• [EXERCISE INSTRUCTIONS] Across all of the records below, determine the number of lines containing the string "store"; reply with that number only.
━━━ INPUT MATERIAL
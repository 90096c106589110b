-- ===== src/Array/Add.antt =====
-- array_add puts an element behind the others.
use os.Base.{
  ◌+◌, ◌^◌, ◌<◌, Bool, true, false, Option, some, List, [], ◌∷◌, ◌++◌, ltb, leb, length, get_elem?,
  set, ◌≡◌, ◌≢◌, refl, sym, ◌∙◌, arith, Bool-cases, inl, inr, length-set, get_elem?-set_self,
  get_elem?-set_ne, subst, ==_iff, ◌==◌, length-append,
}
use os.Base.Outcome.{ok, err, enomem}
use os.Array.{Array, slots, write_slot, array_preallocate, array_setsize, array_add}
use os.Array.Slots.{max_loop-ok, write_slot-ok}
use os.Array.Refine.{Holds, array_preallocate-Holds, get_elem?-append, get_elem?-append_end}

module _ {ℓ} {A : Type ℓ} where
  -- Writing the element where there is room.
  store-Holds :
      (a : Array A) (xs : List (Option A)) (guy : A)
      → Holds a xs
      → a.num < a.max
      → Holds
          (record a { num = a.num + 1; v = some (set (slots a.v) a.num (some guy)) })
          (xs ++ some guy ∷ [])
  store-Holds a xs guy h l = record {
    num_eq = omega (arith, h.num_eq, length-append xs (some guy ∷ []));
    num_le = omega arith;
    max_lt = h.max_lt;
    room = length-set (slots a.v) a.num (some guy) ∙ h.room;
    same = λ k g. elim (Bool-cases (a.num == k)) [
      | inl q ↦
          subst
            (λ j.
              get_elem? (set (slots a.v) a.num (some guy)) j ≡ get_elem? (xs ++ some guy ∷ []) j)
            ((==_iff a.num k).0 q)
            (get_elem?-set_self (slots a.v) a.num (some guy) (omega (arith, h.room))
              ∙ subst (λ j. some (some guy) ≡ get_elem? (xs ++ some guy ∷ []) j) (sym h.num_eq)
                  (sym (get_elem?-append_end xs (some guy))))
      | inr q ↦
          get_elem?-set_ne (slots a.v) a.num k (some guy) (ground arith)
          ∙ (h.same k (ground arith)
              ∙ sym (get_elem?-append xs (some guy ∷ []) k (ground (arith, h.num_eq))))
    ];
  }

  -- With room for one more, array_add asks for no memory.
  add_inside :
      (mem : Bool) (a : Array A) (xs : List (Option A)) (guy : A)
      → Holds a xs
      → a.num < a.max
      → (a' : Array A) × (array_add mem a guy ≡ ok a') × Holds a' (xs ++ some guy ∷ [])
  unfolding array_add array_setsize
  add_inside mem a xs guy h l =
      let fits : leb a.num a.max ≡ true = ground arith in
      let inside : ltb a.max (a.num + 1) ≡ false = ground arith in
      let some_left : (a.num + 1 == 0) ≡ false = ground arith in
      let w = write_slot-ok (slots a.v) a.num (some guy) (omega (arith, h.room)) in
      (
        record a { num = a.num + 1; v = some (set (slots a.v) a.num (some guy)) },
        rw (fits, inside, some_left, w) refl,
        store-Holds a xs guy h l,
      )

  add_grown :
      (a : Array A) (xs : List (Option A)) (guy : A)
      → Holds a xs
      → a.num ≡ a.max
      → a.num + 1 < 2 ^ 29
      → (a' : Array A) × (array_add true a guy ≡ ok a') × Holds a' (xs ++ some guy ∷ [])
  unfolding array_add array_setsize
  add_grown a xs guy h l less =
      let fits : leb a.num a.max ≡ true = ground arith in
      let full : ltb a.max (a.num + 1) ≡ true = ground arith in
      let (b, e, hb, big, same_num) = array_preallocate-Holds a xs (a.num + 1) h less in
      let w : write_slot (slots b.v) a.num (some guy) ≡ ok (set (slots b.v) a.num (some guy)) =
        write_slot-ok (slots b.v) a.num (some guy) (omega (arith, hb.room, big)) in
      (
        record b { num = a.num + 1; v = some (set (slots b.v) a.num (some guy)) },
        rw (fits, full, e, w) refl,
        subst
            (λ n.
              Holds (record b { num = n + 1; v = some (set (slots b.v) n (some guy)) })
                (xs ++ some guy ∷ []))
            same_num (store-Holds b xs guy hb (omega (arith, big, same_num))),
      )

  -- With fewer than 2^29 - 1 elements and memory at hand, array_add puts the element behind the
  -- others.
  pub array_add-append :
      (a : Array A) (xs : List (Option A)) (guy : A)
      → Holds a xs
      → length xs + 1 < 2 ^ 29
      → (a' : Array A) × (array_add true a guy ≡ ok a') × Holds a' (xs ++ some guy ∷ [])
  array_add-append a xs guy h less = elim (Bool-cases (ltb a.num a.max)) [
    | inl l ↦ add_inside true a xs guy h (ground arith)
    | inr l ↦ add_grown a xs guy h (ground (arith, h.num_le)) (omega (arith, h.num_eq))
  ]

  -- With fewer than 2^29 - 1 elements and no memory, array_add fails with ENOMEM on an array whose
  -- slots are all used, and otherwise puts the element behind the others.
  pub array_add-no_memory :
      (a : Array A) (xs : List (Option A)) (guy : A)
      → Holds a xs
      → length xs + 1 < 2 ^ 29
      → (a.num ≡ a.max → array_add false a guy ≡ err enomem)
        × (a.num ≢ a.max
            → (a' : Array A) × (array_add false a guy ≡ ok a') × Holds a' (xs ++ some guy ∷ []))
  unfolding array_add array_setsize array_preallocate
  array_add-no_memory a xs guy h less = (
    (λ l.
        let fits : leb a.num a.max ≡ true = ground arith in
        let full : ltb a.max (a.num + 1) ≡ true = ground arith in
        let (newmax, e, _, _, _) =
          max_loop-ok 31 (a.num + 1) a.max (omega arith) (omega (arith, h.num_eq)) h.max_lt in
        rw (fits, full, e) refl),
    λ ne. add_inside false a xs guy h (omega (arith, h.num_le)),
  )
━━━━━━
━━━ INPUT MATERIAL
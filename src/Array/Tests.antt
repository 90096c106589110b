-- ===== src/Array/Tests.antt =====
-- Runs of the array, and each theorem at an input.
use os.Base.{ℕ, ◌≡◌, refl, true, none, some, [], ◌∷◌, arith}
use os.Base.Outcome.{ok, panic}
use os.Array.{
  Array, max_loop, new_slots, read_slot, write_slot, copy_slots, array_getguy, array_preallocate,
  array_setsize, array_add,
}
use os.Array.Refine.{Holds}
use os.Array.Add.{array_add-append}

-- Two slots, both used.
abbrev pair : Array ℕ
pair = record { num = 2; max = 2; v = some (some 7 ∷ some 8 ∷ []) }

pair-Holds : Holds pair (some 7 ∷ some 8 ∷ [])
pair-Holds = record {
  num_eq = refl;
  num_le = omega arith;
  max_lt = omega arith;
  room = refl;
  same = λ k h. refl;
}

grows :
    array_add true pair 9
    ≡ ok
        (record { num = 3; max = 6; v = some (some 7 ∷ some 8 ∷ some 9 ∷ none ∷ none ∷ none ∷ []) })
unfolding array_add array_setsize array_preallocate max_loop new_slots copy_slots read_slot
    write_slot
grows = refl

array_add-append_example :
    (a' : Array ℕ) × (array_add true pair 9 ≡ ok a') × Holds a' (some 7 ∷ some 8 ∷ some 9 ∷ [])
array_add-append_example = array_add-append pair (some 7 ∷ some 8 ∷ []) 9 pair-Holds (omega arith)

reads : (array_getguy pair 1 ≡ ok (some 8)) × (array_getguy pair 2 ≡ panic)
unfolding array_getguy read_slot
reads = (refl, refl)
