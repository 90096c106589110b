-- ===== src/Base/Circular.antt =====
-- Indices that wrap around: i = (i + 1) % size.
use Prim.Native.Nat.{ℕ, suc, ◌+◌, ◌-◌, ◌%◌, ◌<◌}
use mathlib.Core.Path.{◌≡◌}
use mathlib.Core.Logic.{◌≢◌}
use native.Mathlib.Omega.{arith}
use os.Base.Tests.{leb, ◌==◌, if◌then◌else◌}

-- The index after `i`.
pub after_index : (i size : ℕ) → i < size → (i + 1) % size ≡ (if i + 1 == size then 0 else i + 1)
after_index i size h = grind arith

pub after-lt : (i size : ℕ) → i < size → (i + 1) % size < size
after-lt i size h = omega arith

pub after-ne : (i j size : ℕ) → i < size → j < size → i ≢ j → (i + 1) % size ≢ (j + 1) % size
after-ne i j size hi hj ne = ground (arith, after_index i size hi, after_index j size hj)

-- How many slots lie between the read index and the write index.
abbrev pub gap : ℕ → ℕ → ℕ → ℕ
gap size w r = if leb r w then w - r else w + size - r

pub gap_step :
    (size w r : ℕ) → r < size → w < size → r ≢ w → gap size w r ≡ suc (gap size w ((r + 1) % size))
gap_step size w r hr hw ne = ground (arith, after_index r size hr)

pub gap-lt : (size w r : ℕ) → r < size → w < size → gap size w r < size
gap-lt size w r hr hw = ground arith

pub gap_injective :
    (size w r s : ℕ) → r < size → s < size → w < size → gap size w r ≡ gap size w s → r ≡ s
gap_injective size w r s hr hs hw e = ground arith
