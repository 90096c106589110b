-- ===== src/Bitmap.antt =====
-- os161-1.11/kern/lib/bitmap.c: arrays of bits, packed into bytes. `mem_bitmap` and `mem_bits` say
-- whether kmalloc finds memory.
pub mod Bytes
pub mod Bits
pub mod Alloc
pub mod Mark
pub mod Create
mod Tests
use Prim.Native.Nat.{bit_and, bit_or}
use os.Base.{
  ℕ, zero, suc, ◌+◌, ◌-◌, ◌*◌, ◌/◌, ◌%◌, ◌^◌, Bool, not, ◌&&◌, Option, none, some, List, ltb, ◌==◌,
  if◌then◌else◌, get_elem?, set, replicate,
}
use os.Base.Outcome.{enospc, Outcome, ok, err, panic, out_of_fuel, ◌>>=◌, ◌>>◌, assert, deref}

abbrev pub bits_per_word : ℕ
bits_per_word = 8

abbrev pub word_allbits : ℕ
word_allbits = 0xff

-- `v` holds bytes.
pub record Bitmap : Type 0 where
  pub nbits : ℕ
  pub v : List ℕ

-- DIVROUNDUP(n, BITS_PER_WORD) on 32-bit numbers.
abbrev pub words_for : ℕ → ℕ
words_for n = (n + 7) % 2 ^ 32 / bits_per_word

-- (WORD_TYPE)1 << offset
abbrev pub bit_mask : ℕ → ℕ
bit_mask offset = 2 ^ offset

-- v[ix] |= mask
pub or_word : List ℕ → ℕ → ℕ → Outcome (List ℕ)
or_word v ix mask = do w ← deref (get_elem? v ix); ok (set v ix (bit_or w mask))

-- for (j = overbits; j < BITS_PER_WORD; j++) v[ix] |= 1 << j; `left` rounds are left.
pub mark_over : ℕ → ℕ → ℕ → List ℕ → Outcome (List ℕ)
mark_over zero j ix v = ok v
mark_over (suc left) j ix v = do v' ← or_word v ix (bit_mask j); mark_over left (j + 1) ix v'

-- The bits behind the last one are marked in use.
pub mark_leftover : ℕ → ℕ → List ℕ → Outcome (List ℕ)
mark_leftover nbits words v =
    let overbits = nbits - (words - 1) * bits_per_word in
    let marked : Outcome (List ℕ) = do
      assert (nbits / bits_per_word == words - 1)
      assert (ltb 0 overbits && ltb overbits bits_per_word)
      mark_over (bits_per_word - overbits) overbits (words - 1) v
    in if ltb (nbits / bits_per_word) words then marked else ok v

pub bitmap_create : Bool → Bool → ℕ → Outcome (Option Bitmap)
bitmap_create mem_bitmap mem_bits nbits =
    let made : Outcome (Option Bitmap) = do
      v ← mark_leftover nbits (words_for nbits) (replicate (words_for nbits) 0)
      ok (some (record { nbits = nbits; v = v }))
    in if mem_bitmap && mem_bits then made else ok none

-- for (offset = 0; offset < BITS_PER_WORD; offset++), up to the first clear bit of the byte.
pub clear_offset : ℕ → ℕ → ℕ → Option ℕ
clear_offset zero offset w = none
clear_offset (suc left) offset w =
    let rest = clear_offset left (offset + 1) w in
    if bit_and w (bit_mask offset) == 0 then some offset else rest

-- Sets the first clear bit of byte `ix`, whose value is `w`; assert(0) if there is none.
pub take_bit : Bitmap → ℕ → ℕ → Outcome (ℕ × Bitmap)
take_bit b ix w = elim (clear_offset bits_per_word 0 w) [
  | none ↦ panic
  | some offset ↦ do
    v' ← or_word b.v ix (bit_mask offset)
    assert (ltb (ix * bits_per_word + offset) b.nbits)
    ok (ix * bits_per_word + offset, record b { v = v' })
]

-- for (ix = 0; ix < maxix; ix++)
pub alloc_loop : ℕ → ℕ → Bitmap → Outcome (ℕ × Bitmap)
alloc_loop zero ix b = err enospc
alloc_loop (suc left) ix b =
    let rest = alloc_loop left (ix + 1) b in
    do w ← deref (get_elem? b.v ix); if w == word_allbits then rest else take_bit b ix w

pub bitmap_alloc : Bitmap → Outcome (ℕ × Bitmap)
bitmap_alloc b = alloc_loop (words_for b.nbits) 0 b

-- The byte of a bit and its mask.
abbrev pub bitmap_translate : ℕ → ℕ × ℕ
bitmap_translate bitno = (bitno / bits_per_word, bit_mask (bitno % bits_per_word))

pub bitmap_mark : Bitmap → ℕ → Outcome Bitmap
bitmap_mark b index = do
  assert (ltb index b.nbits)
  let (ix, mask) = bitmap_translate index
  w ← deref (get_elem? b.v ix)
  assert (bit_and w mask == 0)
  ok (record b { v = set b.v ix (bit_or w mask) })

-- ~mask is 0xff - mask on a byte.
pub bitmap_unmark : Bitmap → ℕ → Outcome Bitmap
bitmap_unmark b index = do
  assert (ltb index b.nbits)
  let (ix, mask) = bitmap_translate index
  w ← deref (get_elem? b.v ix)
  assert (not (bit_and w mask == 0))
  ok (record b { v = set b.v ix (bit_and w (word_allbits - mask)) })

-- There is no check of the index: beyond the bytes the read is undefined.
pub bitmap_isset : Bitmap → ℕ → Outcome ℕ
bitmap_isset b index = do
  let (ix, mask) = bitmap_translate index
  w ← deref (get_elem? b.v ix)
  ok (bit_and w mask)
━━━━━━
━━━ INPUT MATERIAL
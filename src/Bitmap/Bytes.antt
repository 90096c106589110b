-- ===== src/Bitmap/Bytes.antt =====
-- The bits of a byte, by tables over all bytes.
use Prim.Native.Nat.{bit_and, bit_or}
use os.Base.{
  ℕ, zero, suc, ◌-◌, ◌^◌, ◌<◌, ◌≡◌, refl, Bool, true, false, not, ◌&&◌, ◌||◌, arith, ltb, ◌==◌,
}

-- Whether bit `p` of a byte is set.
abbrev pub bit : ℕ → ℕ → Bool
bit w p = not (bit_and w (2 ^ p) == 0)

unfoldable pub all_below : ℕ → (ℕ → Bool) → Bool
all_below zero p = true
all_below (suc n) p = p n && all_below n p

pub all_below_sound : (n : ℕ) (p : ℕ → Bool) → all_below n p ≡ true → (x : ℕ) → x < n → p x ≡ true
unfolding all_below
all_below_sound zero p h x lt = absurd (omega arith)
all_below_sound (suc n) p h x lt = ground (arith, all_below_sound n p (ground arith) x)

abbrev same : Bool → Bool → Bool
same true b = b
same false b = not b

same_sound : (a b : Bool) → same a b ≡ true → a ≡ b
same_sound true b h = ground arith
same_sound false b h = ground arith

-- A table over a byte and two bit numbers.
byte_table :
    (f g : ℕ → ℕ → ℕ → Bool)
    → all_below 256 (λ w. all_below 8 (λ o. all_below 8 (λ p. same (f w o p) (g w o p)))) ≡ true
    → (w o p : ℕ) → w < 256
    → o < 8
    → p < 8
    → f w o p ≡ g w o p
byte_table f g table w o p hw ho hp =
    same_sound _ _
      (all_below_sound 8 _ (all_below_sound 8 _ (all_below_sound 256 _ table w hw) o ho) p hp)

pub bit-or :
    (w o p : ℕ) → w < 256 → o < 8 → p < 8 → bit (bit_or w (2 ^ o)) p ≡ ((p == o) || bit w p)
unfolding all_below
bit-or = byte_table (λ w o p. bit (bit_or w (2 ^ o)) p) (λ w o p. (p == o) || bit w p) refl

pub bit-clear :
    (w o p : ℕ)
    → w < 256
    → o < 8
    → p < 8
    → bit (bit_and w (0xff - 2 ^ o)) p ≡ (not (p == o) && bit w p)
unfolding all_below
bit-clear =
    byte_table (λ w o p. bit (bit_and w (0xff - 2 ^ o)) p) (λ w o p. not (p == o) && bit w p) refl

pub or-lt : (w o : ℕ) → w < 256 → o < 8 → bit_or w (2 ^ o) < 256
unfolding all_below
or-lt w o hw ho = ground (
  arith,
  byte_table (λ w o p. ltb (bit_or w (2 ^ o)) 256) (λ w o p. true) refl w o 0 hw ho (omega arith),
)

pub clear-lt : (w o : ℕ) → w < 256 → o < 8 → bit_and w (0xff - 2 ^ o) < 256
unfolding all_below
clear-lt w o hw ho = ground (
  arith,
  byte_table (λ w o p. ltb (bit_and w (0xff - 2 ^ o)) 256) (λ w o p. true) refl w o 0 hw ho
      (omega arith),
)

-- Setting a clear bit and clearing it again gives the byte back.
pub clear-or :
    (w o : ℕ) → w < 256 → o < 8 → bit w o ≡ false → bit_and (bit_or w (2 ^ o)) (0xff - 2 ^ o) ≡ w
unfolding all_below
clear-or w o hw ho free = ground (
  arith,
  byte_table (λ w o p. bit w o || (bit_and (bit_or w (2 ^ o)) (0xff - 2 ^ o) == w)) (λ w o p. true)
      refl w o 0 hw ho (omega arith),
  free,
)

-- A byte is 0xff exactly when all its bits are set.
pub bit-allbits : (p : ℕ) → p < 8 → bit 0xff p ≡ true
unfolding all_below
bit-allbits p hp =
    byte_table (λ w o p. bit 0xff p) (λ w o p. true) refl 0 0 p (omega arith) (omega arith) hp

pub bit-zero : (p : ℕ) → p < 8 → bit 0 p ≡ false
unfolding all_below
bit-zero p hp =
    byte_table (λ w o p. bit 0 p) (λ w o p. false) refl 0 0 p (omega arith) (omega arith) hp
━━━━━━
• [WRITTEN ANSWER] 4